(Beginning of Task input)

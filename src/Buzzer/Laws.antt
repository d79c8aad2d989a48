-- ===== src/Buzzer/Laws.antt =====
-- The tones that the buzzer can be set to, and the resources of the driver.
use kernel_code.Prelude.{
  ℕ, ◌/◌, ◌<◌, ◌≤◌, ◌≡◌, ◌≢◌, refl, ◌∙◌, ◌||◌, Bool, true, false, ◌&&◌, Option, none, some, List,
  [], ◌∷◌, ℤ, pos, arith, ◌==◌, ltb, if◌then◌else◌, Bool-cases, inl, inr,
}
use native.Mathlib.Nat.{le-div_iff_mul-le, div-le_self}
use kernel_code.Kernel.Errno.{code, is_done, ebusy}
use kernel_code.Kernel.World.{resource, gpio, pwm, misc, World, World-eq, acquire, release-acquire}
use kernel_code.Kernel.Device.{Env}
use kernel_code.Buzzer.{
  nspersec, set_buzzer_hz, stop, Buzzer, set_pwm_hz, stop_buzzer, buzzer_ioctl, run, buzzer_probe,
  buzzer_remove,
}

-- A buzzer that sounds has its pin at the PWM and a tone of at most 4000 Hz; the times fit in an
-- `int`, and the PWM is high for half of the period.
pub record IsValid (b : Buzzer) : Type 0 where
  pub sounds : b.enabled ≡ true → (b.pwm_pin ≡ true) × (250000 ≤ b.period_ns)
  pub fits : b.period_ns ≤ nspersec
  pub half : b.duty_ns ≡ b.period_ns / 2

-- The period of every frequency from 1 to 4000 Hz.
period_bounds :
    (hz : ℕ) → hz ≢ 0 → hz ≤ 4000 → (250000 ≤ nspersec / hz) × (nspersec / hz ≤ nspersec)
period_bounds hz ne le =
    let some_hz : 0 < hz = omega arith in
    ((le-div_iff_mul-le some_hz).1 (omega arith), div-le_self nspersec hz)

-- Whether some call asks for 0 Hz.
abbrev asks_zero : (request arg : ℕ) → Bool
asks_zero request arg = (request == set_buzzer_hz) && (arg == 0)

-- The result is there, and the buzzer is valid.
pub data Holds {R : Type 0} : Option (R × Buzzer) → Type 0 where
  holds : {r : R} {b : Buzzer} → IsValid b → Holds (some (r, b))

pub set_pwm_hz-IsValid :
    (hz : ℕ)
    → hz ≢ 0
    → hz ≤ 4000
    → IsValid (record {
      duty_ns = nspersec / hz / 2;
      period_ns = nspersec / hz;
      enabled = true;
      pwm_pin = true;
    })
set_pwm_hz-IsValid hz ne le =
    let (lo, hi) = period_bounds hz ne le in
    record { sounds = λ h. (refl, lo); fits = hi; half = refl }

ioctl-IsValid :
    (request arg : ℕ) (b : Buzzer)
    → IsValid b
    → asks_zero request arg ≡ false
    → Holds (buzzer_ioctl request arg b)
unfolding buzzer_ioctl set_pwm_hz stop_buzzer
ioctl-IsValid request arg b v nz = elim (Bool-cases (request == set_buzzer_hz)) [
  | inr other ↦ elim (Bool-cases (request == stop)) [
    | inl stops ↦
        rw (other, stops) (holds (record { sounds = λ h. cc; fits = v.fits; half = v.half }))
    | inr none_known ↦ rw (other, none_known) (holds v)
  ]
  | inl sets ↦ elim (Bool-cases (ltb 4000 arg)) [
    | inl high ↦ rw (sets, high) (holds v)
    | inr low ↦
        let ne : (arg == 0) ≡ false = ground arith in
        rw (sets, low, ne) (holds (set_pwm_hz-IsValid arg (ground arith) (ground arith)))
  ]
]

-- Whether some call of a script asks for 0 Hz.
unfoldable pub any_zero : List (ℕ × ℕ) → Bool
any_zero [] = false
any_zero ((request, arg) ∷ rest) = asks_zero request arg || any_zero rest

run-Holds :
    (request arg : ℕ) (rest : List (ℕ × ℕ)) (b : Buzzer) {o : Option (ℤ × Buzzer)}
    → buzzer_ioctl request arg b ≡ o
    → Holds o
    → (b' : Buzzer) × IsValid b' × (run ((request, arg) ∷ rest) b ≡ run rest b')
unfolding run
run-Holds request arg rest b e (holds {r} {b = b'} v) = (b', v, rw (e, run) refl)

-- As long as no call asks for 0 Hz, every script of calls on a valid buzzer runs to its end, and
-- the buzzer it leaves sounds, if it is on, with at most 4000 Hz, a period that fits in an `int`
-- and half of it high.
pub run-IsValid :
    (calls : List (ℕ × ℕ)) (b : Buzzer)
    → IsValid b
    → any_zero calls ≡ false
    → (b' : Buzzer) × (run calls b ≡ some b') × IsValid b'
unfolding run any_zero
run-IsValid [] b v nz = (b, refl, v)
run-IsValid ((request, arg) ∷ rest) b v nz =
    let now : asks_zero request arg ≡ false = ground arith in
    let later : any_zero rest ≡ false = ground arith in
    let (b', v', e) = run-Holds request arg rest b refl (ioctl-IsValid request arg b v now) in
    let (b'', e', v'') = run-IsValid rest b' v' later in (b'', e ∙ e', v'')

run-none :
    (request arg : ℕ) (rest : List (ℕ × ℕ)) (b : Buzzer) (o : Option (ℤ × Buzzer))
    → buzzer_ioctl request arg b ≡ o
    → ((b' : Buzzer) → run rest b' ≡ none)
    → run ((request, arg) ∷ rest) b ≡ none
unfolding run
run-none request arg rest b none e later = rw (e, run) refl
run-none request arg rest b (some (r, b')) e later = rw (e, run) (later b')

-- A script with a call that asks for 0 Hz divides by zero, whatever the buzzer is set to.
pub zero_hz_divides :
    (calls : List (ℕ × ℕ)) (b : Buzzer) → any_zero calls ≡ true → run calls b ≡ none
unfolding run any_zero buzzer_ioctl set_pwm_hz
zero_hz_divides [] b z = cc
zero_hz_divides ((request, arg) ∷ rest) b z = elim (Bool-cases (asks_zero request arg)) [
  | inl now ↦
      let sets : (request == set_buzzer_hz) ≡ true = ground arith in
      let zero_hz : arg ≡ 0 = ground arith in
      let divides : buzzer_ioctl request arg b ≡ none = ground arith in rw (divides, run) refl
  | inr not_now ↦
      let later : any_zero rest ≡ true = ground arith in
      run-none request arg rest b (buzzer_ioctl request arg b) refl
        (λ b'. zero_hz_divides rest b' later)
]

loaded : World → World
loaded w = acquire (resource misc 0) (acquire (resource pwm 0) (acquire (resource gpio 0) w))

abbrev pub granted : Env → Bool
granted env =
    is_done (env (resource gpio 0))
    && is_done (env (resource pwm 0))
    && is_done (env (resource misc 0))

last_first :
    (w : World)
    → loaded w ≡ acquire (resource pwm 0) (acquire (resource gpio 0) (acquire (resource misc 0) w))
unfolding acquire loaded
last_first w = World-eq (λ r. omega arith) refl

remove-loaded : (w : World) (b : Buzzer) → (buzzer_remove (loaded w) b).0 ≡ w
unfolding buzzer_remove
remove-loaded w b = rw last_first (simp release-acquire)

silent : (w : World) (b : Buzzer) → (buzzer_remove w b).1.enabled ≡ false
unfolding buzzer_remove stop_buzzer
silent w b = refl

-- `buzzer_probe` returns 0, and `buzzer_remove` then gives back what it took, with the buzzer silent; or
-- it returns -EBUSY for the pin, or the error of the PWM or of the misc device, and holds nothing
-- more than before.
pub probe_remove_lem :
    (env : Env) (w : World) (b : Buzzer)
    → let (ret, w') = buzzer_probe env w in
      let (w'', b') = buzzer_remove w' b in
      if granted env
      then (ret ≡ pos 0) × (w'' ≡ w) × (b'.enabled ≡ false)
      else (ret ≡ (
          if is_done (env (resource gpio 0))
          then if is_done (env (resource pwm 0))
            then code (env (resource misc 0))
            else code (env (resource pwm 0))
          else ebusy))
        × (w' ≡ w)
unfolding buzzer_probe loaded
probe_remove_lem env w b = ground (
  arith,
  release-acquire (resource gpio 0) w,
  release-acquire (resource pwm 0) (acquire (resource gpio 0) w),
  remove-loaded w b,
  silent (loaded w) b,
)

(End of Task input)

→ **How to complete this task**
Go to the line containing "release-acquire (resource gpio" in the listing. Print it and every line through the last one, exactly and with nothing more.

→ **Response for this exercise**
  release-acquire (resource gpio 0) w,
  release-acquire (resource pwm 0) (acquire (resource gpio 0) w),
  remove-loaded w b,
  silent (loaded w) b,
)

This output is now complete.